Pero las tentaciones, ya lo sabemos, lo siguieron hasta allí. Se construyó una
choza de paja y todas las mañanas, cuando salía a rezar, una mujer
escandalosamente viva se levantaba la falda y le mostraba el sexo hormigueante
de luz. Polirgasio cerraba los ojos, se concentraba en el dolor de sus rótulas
y musitaba jaculatorias; al cabo de unos días la mujer desapareció. Había
vencido la tentación de la carne o, si se quiere, de los cuerpos. La lucha, sin
embargo, continuó. Por las tardes, mientras vaciaba su cabeza de todas las
imágenes residuales de su existencia anterior, un enanito sirio, hechura del
diablo, le mostraba cofres abiertos rebosantes de joyas y monedas de oro. Con
facilidad Polirgasio venció la tentación de la riqueza. Pero las cosas no
acabaron ahí. A su lado se instaló a vivir otro eremita que repetía con maníaca
fidelidad cada uno de sus gestos: sus ayunos, sus disciplinas, sus
recogimientos en oración. Un día, al cruzarse en el sendero, Polirgasio, que se
sentía frágil, le dijo: “Tú eres el demonio”. El eremita reaccionó sorprendido:
“¿Cómo me has reconocido? ¡Si hago exactamente lo mismo que tú!”. Polirgasio le
respondió: “Porque te enorgulleces de ello”. Polirgasio venció también la
tentación del orgullo.
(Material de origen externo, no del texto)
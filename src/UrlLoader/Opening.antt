-- ===== src/UrlLoader/Opening.antt =====
-- Opening a loader of src/ppb_url_loader.c, and following a redirect. The caller posts a task to its
-- message loop and runs the loop until the browser's thread has made its call; what else happens to
-- the table of resources until then is a parameter.
pub mod Tables
pub mod Redirect
pub mod Opened
pub mod Done
use freshplayerplugin.Base.{
  ℕ, Bool, true, false, not, ◌&&◌, Option, none, some, List, [], ◌∷◌, ◌==◌, if◌then◌else◌, Bytes,
  is_some, ◌>>=◌,
}
use mathlib.Core.Option
use freshplayerplugin.Base.Assoc.{Assoc, insert}
use freshplayerplugin.Resource.{Registry, find, store, release, add_ref, unref}
use freshplayerplugin.Resource.Access.{look, with_resource}
use freshplayerplugin.Var.{PpVar, VarTable}
use freshplayerplugin.Var
use freshplayerplugin.Var.Values.{var_from_utf8_z}
use freshplayerplugin.Uri.Merge.{Components}
use freshplayerplugin.UrlUtil.{Location, resolve_relative_to_document, c_text}
use freshplayerplugin.UrlRequest.{get_method, Request, PostItem, request_type}
use freshplayerplugin.UrlRequest.PostData.{FileInfo, post_data_duplicate, post_data_free}
use freshplayerplugin.UrlRequest.PostData.Writing.{Readable}
use freshplayerplugin.Stream.{loader_type}
use freshplayerplugin.UrlLoader.Sending.{Sent, OpenParam, trim_nl, url_loader_open_ptac}
use freshplayerplugin.UrlLoader.{
  Callback, UrlLoader, Item, loader, as_loader, as_request, Net, Result, bad_resource, refused,
  pending, complete, indeterminate,
}

-- What is around a call. `temporary` is the file that `open_temporary_file` makes, `do_nothing` the
-- address of that function; `meanwhile` is
-- what happens to the resources before the browser's thread is done; `seen` are the tables in the
-- passes of the loop of a caller without a callback.
pub record Surroundings : Type 0 where
  pub parse : Bytes → Components
  pub query : ℕ → Option FileInfo
  pub same_time : ℕ → ℕ → Bool
  pub open_file : ℕ → Option Readable
  pub rounds : ℕ
  pub browser : Sent → ℕ
  pub alive : Bool
  pub temporary : Option Bytes
  pub do_nothing : ℕ
  pub current_loop : ℕ
  pub connect_first_loader_to_unrequested_stream : Bool
  pub meanwhile : Registry Item → Registry Item
  pub seen : List (Registry Item)

-- `while (!done)` of a caller without a callback; a pass in which the lock is taken waits.
unfoldable pub wait_for_loading : ℕ → List (Registry Item) → Option (Registry Item)
unfolding look
wait_for_loading h [] = none
wait_for_loading h (g ∷ gs) =
    let rest = wait_for_loading h gs in
    let pass = look loader_type h g true (λ i. (as_loader i).stream.finished_loading) in
    elim pass [ none ↦ rest | some x ↦ if x.1 then some x.0 else rest ]

-- the URL of a request, resolved if it is no script
unfoldable pub request_url :
    (Bytes → Components) → Location → Request → VarTable → Option (VarTable × PpVar)
unfolding resolve_relative_to_document
request_url parse location ri t =
    let plain = var_from_utf8_z ri.url t in
    let resolved = (do
      (t1, rel_url) ← var_from_utf8_z ri.url t
      (t2, full_url, components) ←
          resolve_relative_to_document parse (some location) rel_url false t1
      t3 ← Var.release rel_url t2
      some (t3, full_url)) in
    if ri.is_immediate_javascript then plain else resolved

-- what `ppb_url_loader_open_target` writes into the loader
unfoldable pub prepared :
    Request
    → Option Bytes
    → Option Bytes
    → Option (List PostItem)
    → Option Bytes
    → Callback
    → ℕ
    → UrlLoader
    → UrlLoader
unfolding trim_nl
prepared ri url target post_data temporary callback loop l = record l {
  url = url;
  method = ri.method;
  request_headers = Option.map trim_nl ri.headers;
  follow_redirects = ri.follow_redirects;
  stream_to_file = ri.stream_to_file;
  record_download_progress = ri.record_download_progress;
  record_upload_progress = ri.record_upload_progress;
  custom_referrer_url = Option.map trim_nl ri.custom_referrer_url;
  allow_cross_origin_requests = ri.allow_cross_origin_requests;
  allow_credentials = ri.allow_credentials;
  custom_content_transfer_encoding = Option.map trim_nl ri.custom_content_transfer_encoding;
  custom_user_agent = Option.map trim_nl ri.custom_user_agent;
  target = target;
  post_data = post_data;
  stream = record l.stream { read_pos = 0; file = temporary };
  ccb = callback;
  ccb_ml = loop;
}

-- `*p`, with what is different for a redirect
abbrev pub param_of : ℕ → Option Bytes → Option (List PostItem) → UrlLoader → OpenParam
param_of h target post_data l = record {
  url = l.url;
  loader = h;
  method = l.method;
  request_headers = l.request_headers;
  custom_referrer_url = l.custom_referrer_url;
  custom_content_transfer_encoding = l.custom_content_transfer_encoding;
  custom_user_agent = l.custom_user_agent;
  target = target;
  post_data = post_data;
}

-- what the caller makes of `p->retval`
unfoldable pub conclude :
    ℕ → Option ℕ → Callback → List (Registry Item) → Net → Option (Net × Result)
unfolding wait_for_loading
conclude h none callback seen w = some (w, indeterminate)
conclude h (some retval) callback seen w =
    let waited = (do g ← wait_for_loading h seen; some (record w { registry = g }, complete)) in
    if not (retval == 0)
    then some (w, refused)
    else if is_some callback.func
    then some (w, pending)
    else waited

-- From the reference that is taken for the browser's call to the end; the loader is acquired.
unfoldable pub exchange :
    Surroundings → OpenParam → Callback → Net → Option (Net × Result × List Sent)
unfolding url_loader_open_ptac conclude
exchange e p callback w = do
  (retval, sent) ← url_loader_open_ptac e.query e.same_time e.open_file e.rounds e.browser e.alive p
  let g = (release p.loader (add_ref p.loader w.registry).0).0
  (w', result) ←
      conclude p.loader retval callback e.seen
        (record w { registry = (unref p.loader (e.meanwhile g)).0 })
  some (w', result, sent)

-- an assignment through the pointer to an acquired resource
unfoldable pub write_through : ℕ → Item → Registry Item → Registry Item
write_through h b g = elim (find h g) [ none ↦ g | some r ↦ store h (record r { body = b }) g ]

-- With both resources acquired.
unfoldable pub open_acquired :
    Surroundings
    → ℕ
    → ℕ
    → Callback
    → Option Bytes
    → UrlLoader
    → Request
    → Net
    → Option (Net × Result × List Sent)
unfolding request_url prepared exchange write_through
open_acquired e h ri callback target l r w = do
  (t, full_url) ← request_url e.parse w.pp_i.location r w.vars
  let copy = post_data_duplicate r.post_data (post_data_free l.post_data w.registry)
  let l' = prepared r (some (c_text full_url t)) target copy.0 e.temporary callback e.current_loop l
  t' ← Var.release full_url t
  let g = (release ri (write_through h (loader l') copy.1)).0
  if e.connect_first_loader_to_unrequested_stream && w.pp_i.content_url_loader == 0
      then some (
        record w {
          registry = (release h g).0;
          vars = t';
          pp_i = record w.pp_i { content_url_loader = h };
        },
        pending,
        [],
      )
      else exchange e (param_of h target l'.post_data l') callback
          (record w { registry = g; vars = t' })

-- A step that may wait, after one that may wait.
abbrev pub joined {ℓ} : {A : Type ℓ} → Option (Option A) → Option A
joined m = m >>= λ x. x

unfoldable pub open_target :
    Surroundings → ℕ → ℕ → Callback → Option Bytes → Net → Option (Net × Result × List Sent)
unfolding with_resource open_acquired
open_target e h ri callback target w =
    let missing = some (w, bad_resource, []) in
    joined (
      with_resource loader_type h w.registry missing (λ l g. joined (
        with_resource request_type ri g
          (some (record w { registry = (release h g).0 }, bad_resource, []))
          (λ r g'.
            open_acquired e h ri callback target (as_loader l.body) (as_request r.body)
              (record w { registry = g' })))))

unfoldable pub url_loader_open :
    Surroundings → ℕ → ℕ → Callback → Net → Option (Net × Result × List Sent)
unfolding open_target
url_loader_open e h ri callback w = open_target e h ri callback none w

-- What `ppb_url_loader_follow_redirect` writes into the loader.
unfoldable pub redirected : Option Bytes → Callback → ℕ → UrlLoader → UrlLoader
redirected temporary callback loop l = record l {
  stream = record l.stream { file = temporary; read_pos = 0; redirect_url = none };
  url = l.stream.redirect_url;
  status_line = none;
  headers = none;
  request_headers = none;
  post_data = none;
  np_stream = 0;
  method = get_method;
  ccb = callback;
  ccb_ml = loop;
}

-- `ul->np_stream->pdata = NULL`
abbrev pub abort_stream : ℕ → Assoc ℕ → Assoc ℕ
abort_stream stream pdata = if stream == 0 then pdata else insert stream 0 pdata

unfoldable pub follow_redirect :
    Surroundings → ℕ → Callback → Net → Option (Net × Result × List Sent)
unfolding with_resource redirected exchange write_through
follow_redirect e h callback w = joined (
    with_resource loader_type h w.registry (some (w, bad_resource, [])) (λ r g.
      let l = as_loader r.body in
      let l' = redirected e.temporary callback e.current_loop l in
      exchange e (param_of h none none l') callback (record w {
        registry = write_through h (loader l') (post_data_free l.post_data g);
        pdata = abort_stream l.np_stream w.pdata;
      })))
Como quiera, en todo caso, que su alma no encontraba la
calma, Polirgasio decidió subirse a una columna para acercarse a Dios y
alejarse de la tierra, donde a veces sentía la tentación de tumbarse. Allí
algunas mujeres de la aldea vecina le subían cántaros de agua y dátiles con una
cuerda. Polirgasio bebió un trago y comió un dátil, pero enseguida sintió esa
necesidad como una derrota y, asqueado de sí mismo, se impuso un ayuno total:
venció también así las tentaciones de la sed y del hambre. Encima de la columna
se quedó finalmente solo, cada vez más escurrido y exacto: venció también la
tentación del recuerdo, la tentación del pensamiento e incluso la tentación de
abrir los ojos y mirar el cielo.
Pero –ay–
cuando alcanzó ese estado de perfección se sintió todo lo contrario de salvado.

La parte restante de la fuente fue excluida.